R=v[-1]*(1-int(done))
batch_return=[]

for reward in self.rewards[::-1]:
R=reward+self.gamma*R
batch_return.append(R)
batch_return.reverse()
batch_return=T.tensor(batch_return,dtype=float)
return batch_return

def calc_loss(self,done):
#states=T.tensor(self.states,dtype=T.float)
list_state=[]
if len(self.states)>1:
for lstate in self.states:
soruce,end=self.env.state_dec(lstate)
state_v=self.env.state_to_vector(soruce,end)
list_state.append(state_v)
states=T.tensor(list_state)

else:
soruce,end=self.env.state_dec(self.states[0])
state_v=self.env.state_to_vector(soruce,end)
list_state.append(state_v)
states=T.tensor([list_state])
actions=T.tensor(self.actions,dtype=T.float)

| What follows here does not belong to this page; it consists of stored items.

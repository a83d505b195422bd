-- ===== src/Ledger/Samples.antt =====
-- Ledgers for the examples: of one task or two, and with a reservation.
use gg_agent_server.Prelude.{ℕ, String, false, none, [], ◌∷◌}
use gg_agent_server.Sdk.Tasks.{TaskState}
use gg_agent_server.Ledger.Rows.{TaskRow, ReservationPhase, Ledger}

abbrev pub empty_ledger : Ledger
empty_ledger = record {
  task_seq = 0;
  tasks = [];
  reservations = [];
  sandbox_creations = [];
  supervisions = [];
  publications = [];
  receipts = [];
  event_counters = [];
  event_identities = [];
  event_copies = [];
  source_cursors = [];
  results = [];
  tombstones = [];
  idempotency = [];
}

abbrev pub task_in : TaskState → String → ℕ → TaskRow
task_in state id seq = record {
  id = id;
  seq = seq;
  state = state;
  idempotency_key = id;
  owner_id = none;
  repository = "owner/repo";
  prompt = "fix it";
  base_ref = none;
  base_sha = none;
  retry_of = none;
  model = "model";
  created_at = 1;
  updated_at = 1;
  outcome_detail = none;
  check_status = none;
  sandbox_cleanup_status = none;
  payload_expired = false;
  workspace_expired = false;
  workspace_last_activity_at = none;
}

abbrev pub ledger_of : TaskState → Ledger
ledger_of state = record empty_ledger { task_seq = 1; tasks = task_in state "a" 1 ∷ [] }

-- The second task in the table has the lesser number.
abbrev pub two_queued : Ledger
two_queued = record empty_ledger {
  task_seq = 2;
  tasks = task_in TaskState.queued "b" 2 ∷ task_in TaskState.queued "a" 1 ∷ [];
}

abbrev pub reserved_in : TaskState → Ledger
reserved_in state = record (ledger_of state) {
  reservations =
      record {
        task_id = "a";
        phase = ReservationPhase.running;
        condition = none;
        reserved_at = 1;
        updated_at = 1;
      }
      ∷ [];
}
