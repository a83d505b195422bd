-- ===== src/Ledger/Reservations.antt =====
-- `TaskLedger`: the reservations, which hold the capacity of the control plane.
pub mod Soundness
pub mod Capacity
mod Examples
pub mod Terminal
use gg_agent_server.Prelude.{
  ℕ, String, Bool, true, false, not, ◌&&◌, ◌||◌, ltb, text_leb, Option, none, some, List, map,
  length, leb, nat_eq, ◌==◌, if◌then◌else◌, is_some,
}
use gg_agent_server.Result.{
  ok, key_error, value_error, assertion_error, require, fetched, ◌>>=◌, ◌>>◌,
}
use gg_agent_server.Table.{
  find_where, select_where, delete_where, update_where, count_where, order_by, insert_unique,
}
use gg_agent_server.Sdk.Tasks.{TaskState, TaskRecord}
use gg_agent_server.Ledger.Rows.{
  TaskRow, ReservationPhase, ReservationRecord, Ledger, row_to_record,
}
use gg_agent_server.Ledger.Tasks.{Tx, find_task, update_task, in_state, seq_before}

-- WHERE task_id = ?
abbrev pub reserves : String → ReservationRecord → Bool
reserves task_id r = r.task_id == task_id

abbrev pub is_reserved : Ledger → String → Bool
is_reserved l task_id = is_some (find_where (reserves task_id) l.reservations)

abbrev pub update_reservations : String → (ReservationRecord → ReservationRecord) → Ledger → Ledger
update_reservations task_id change l = record l {
  reservations = update_where (reserves task_id) change l.reservations;
}

-- A queued task with no reservation: the LEFT JOIN … IS NULL.
abbrev pub is_waiting : Ledger → TaskRow → Bool
is_waiting l row = in_state TaskState.queued row && not (is_reserved l row.id)

-- ORDER BY tasks.seq ASC LIMIT 1
pub next_waiting : Ledger → Option TaskRow
next_waiting l =
    find_where (λ row. true) (order_by seq_before (select_where (is_waiting l) l.tasks))

abbrev pub new_reservation : String → ℕ → ReservationRecord
new_reservation task_id now = record {
  task_id = task_id;
  phase = ReservationPhase.starting;
  condition = none;
  reserved_at = now;
  updated_at = now;
}

-- The two writes of `reserve_next`, once the reservation is inserted.
abbrev pub claimed_ledger : TaskRow → ℕ → List ReservationRecord → Ledger → Ledger
claimed_ledger row now reservations l =
    update_task row.id (λ task. record task { state = TaskState.starting; updated_at = now })
      (record l { reservations = reservations })

-- The task exists, since its row was selected.
pub claim : TaskRow → ℕ → Tx (Option TaskRecord)
claim row now l = do
  reservations ← insert_unique (reserves row.id) (new_reservation row.id now) l.reservations
  claimed ← fetched assertion_error (find_task row.id (claimed_ledger row now reservations l))
  ok (some (row_to_record claimed none), claimed_ledger row now reservations l)

pub claim_next : ℕ → Tx (Option TaskRecord)
claim_next now l = elim (next_waiting l) [ none ↦ ok (none, l) | some row ↦ claim row now l ]

pub reserve_next : ℕ → ℕ → Tx (Option TaskRecord)
reserve_next capacity now l = do
  require (leb 1 capacity && leb capacity 10) value_error
  if leb capacity (length l.reservations) then ok (none, l) else claim_next now l

pub get_reservation : String → Ledger → Option ReservationRecord
get_reservation task_id l = find_where (reserves task_id) l.reservations

-- ORDER BY reserved_at, task_id
abbrev pub reserved_before : ReservationRecord → ReservationRecord → Bool
reserved_before a b =
    ltb a.reserved_at b.reserved_at
    || nat_eq a.reserved_at b.reserved_at && text_leb a.task_id b.task_id

pub list_reservations : Ledger → List ReservationRecord
list_reservations l = order_by reserved_before l.reservations

abbrev pub is_terminal : TaskState → Bool
is_terminal TaskState.completed = true
is_terminal TaskState.failed = true
is_terminal TaskState.cancelled = true
is_terminal _ = false

-- `_task_state_is_terminal`
pub task_state_is_terminal : String → Ledger → Bool
task_state_is_terminal task_id l = elim (find_task task_id l) [
  | none ↦ false
  | some row ↦ is_terminal row.state
]

-- The UPDATE of the public state, where one is given and the task is not terminal.
pub publish_state : Option TaskState → String → ℕ → Ledger → Ledger
publish_state none task_id now l = l
publish_state (some state) task_id now l =
    if task_state_is_terminal task_id l
    then l
    else update_task task_id (λ row. record row { state = state; updated_at = now }) l

pub update_reservation :
    String → ReservationPhase → Option String → Option TaskState → ℕ → Tx ReservationRecord
update_reservation task_id phase condition task_state now l =
    let l' = publish_state task_state task_id now (
      update_reservations task_id
        (λ r. record r { phase = phase; condition = condition; updated_at = now }) l) in
    do
      require (nat_eq (count_where (reserves task_id) l.reservations) 1) key_error
      row ← fetched assertion_error (get_reservation task_id l')
      ok (row, l')

pub release_reservation : String → String → ℕ → Tx (Unit {0})
release_reservation task_id cleanup_status now l = ok (
  tt,
  update_task task_id
      (λ row. record row { sandbox_cleanup_status = some cleanup_status; updated_at = now })
      (record l { reservations = delete_where (reserves task_id) l.reservations }),
)

-- `protected_task_ids`
pub protected_task_ids : Ledger → List String
protected_task_ids l = map (λ (r : ReservationRecord). r.task_id) l.reservations
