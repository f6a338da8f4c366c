-- ===== src/ThreadBuf/Slot/Warm.antt =====
-- The start of a thread's buffer ahead of its first log.
use ticklog.Base.{◌≡◌, refl, sym, ap, ◌∙◌, true, false, none, some, Option}
use ticklog.Shared.{Shared}
use ticklog.ThreadBuf.{ThreadBuf}
use ticklog.ThreadBuf.Slot.{
  ThreadSlot, Setting, Closure, Called, lazy_start, run_closure, empty_closure, with_thread_buf,
  warm_up,
}

module _ (setting : Setting) where
  with_thread_buf-called :
      {R : Type 0} (f : Closure R) (s : ThreadSlot) (w : Shared)
      → s.active ≡ false
      → with_thread_buf setting f s w
        ≡ run_closure setting f (record s { active = true }) w (lazy_start setting w s.buf)
  unfolding with_thread_buf
  with_thread_buf-called f s w e = rw e refl

  -- After the empty closure has run over what a start gave, any closure finds the same.
  again :
      {R : Type 0} (f : Closure R) (s : ThreadSlot) (w : Shared) (o : Option (ThreadBuf × Shared))
      → lazy_start setting w s.buf ≡ o
      → let c = run_closure setting empty_closure (record s { active = true }) w o in
        with_thread_buf setting f c.slot c.shared
        ≡ run_closure setting f (record s { active = true }) w o
  unfolding lazy_start
  again f s w none e =
      with_thread_buf-called f (record s { active = false }) w refl
      ∙ ap (run_closure setting f (record s { active = true }) w) e
  again f s w (some (tb, w')) e =
      with_thread_buf-called f (record { active = false; buf = some tb }) w' refl

  abbrev state : {R : Type 0} → Called R → ThreadSlot × Shared
  state c = (c.slot, c.shared)

  module _ (Io : Type 0) (claimed : setting.registry_set ≡ true) where
    warm_up-state :
        (s : ThreadSlot) (w : Shared)
        → (warm_up setting {Io = Io} s w).1 ≡ state (with_thread_buf setting empty_closure s w)
    unfolding warm_up
    warm_up-state s w = rw claimed refl

    after_warm_up :
        {R : Type 0} (f : Closure R) (s : ThreadSlot) (w : Shared)
        → s.active ≡ false
        → let (s', w') = (warm_up setting {Io = Io} s w).1 in
          with_thread_buf setting f s' w' ≡ with_thread_buf setting f s w
    after_warm_up f s w idle =
        ap (λ p. with_thread_buf setting f p.0 p.1)
          (warm_up-state s w ∙ ap state (with_thread_buf-called empty_closure s w idle))
        ∙ again f s w (lazy_start setting w s.buf) refl
        ∙ sym (with_thread_buf-called f s w idle)

    -- Once the registry is set, on a thread that is not logging: behind warm_up, whether its start succeeds
    -- or panics, a call of with_thread_buf does for every closure what it would have done without it, and
    -- a second warm_up changes nothing.
    pub with_thread_buf-warm_up :
        {R : Type 0} (f : Closure R) (s : ThreadSlot) (w : Shared)
        → s.active ≡ false
        → let (s', w') = (warm_up setting {Io = Io} s w).1 in
          (with_thread_buf setting f s' w' ≡ with_thread_buf setting f s w)
          × ((warm_up setting {Io = Io} s' w').1 ≡ (s', w'))
    with_thread_buf-warm_up f s w idle =
        let (s', w') = (warm_up setting {Io = Io} s w).1 in
        (
          after_warm_up f s w idle,
          warm_up-state s' w'
              ∙ ap state (after_warm_up empty_closure s w idle)
              ∙ sym (warm_up-state s w),
        )
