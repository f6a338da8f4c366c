-- ===== src/Tests/Slot.antt =====
-- src/thread_buf.rs on a thread that has not logged yet.
use ticklog.Base.{ℕ, ◌≡◌, ◌≢◌, refl, Bool, true, false, none, some}
use ticklog.Base.Text.{ascii}
use ticklog.ThreadBuf.Slot.{
  ThreadSlot, Setting, get_stable_thread_id, strip_prefix, strip_suffix, parse_u64, parse_digits,
  with_thread_buf, warm_up, empty_closure,
}
use ticklog.ThreadBuf.Slot.Nested.{
  Body, done, panics, logs, without_logs, exec, with_thread_buf-without_logs,
}
use ticklog.ThreadBuf.Slot.Warm.{with_thread_buf-warm_up}
use ticklog.Tests.Segments.{world}

abbrev setting : Setting
setting = record {
  registry_set = true;
  ring_capacity = some 256;
  id_str = ascii "ThreadId(17)";
  name = some (ascii "worker");
}

abbrev new_slot : ThreadSlot
new_slot = record { active = false; buf = none }

-- A closure whose nested log would panic, and which says whether it ran.
abbrev nested : Body Bool
nested = logs panics (λ ran. done ran)

with_thread_buf-without_logs_example :
    (with_thread_buf setting (exec setting nested) new_slot world
      ≡ with_thread_buf setting (exec setting (without_logs nested)) new_slot world)
    × ((with_thread_buf setting (exec setting nested) new_slot world).outcome ≢ none)
    × ((with_thread_buf setting (exec setting nested) new_slot world).slot.active ≡ false)
with_thread_buf-without_logs_example =
    with_thread_buf-without_logs setting nested new_slot world refl

-- The bytes that `Debug` prints.
thread_number : get_stable_thread_id (ascii "ThreadId(17)") ≡ 17
unfolding get_stable_thread_id strip_prefix strip_suffix parse_u64 parse_digits
thread_number = refl

with_thread_buf-warm_up_example :
    let (s', w') = (warm_up setting {Io = ℕ} new_slot world).1 in
    (with_thread_buf setting empty_closure s' w'
      ≡ with_thread_buf setting empty_closure new_slot world)
    × ((warm_up setting {Io = ℕ} s' w').1 ≡ (s', w'))
with_thread_buf-warm_up_example =
    with_thread_buf-warm_up setting ℕ refl empty_closure new_slot world refl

returns=self.calc_returns(done,states)

p,values=self.forward(states)
values=values.squeeze()

critic_loss=(returns-values)**2

probs=T.softmax(p,dim=1)
dist=Categorical(probs)
log_probs=dist.log_prob(actions)
actor_loss=-log_probs*(returns-values)
total_loss=(critic_loss+actor_loss).mean()

def choose_action(self,node,action):
state_vector=self.env.state_to_vector(node,action)
state=T.tensor([state_vector],dtype=T.float)
pi,v=self.forward(state)
probs=T.softmax(pi,dim=1)
dist=Categorical(probs)
action=dist.sample().numpy()[0]#take a sample from the categorical dist from 1-22
return action

``````
• AGENT
``````class Agent(mp.Process):
def __init__(self,global_actor_critic,optimizer,input,n_actions
,gamma,lr,worker_name,global_episode_index,env,gather,games,T_max,res_queue,loss_queue):
super(Agent,self).__init__()
self.local_actor_critic=ActorCritics(input,n_actions,env,gamma)
self.global_actor_critic=global_actor_critic
self.worker_name='w%02i'%worker_name
self.episode_idx = global_episode_index
self.env=env
self.gather_eps=gather
self.optimizer=optimizer
self.N_games=games
self.T_max=T_max
self.res_queue=res_queue
self.loss_queue=loss_queue
self.dict_list={'number_of_episodes':[],'score':[],'loss':[]}

def list_remember(self,d_episode,d_score,d_loss):
self.dict_list['number_of_episodes'].append(d_episode)#,d_score,d_loss.item()
self.dict_list['score'].append(d_score)
self.dict_list['loss'].append(d_loss.item())

def run(self):
t_step=1
max_itr=1000
#self.episode_idx is a gloabl parametar from MP class and we need to get the value from it
while self.episode_idx.value < self.N_games:

itr=0
done=False
observation=self.env.reset()
score=0
penalties=0

self.local_actor_critic.clear_memory()
while not done:
soruce,end=self.env.state_dec(observation)
action=self.local_actor_critic.choose_action(soruce,end)
observation_,reward,done=self.env.step(observation,action)
if reward == -1000:
penalties+=1

score += reward
self.local_actor_critic.remember(observation,action,reward)

if t_step% self.T_max==0 or done:
loss=self.local_actor_critic.calc_loss(done)
loss.backward()
#set the current parameters for the workers into the gloabl parameters
for local_param,global_param in zip(self.local_actor_critic.parameters(),
self.global_actor_critic.parameters()):
self.optimizer.step()
self.local_actor_critic.clear_memory()

t_step+=1

itr+=1
observation=observation_
print(self.worker_name,'episode',self.episode_idx.value,'reward',score,'penalties',penalties,'goal',done,
'itr_to_done',itr,'loss',loss.item(),'\n',flush=True)

self.list_remember(self.episode_idx.value,score,loss)

self.gather_eps.append_data(self.episode_idx.value,score,loss.item())
self.res_queue.put(score)
self.loss_queue.put(loss.item())

with self.episode_idx.get_lock():
self.episode_idx.value+=1

self.res_queue.put(None)
self.loss_queue.put(None)

``````

now my question did I implement the algorithm right and is the entropy of my code is also written right, and how can I enhance the code?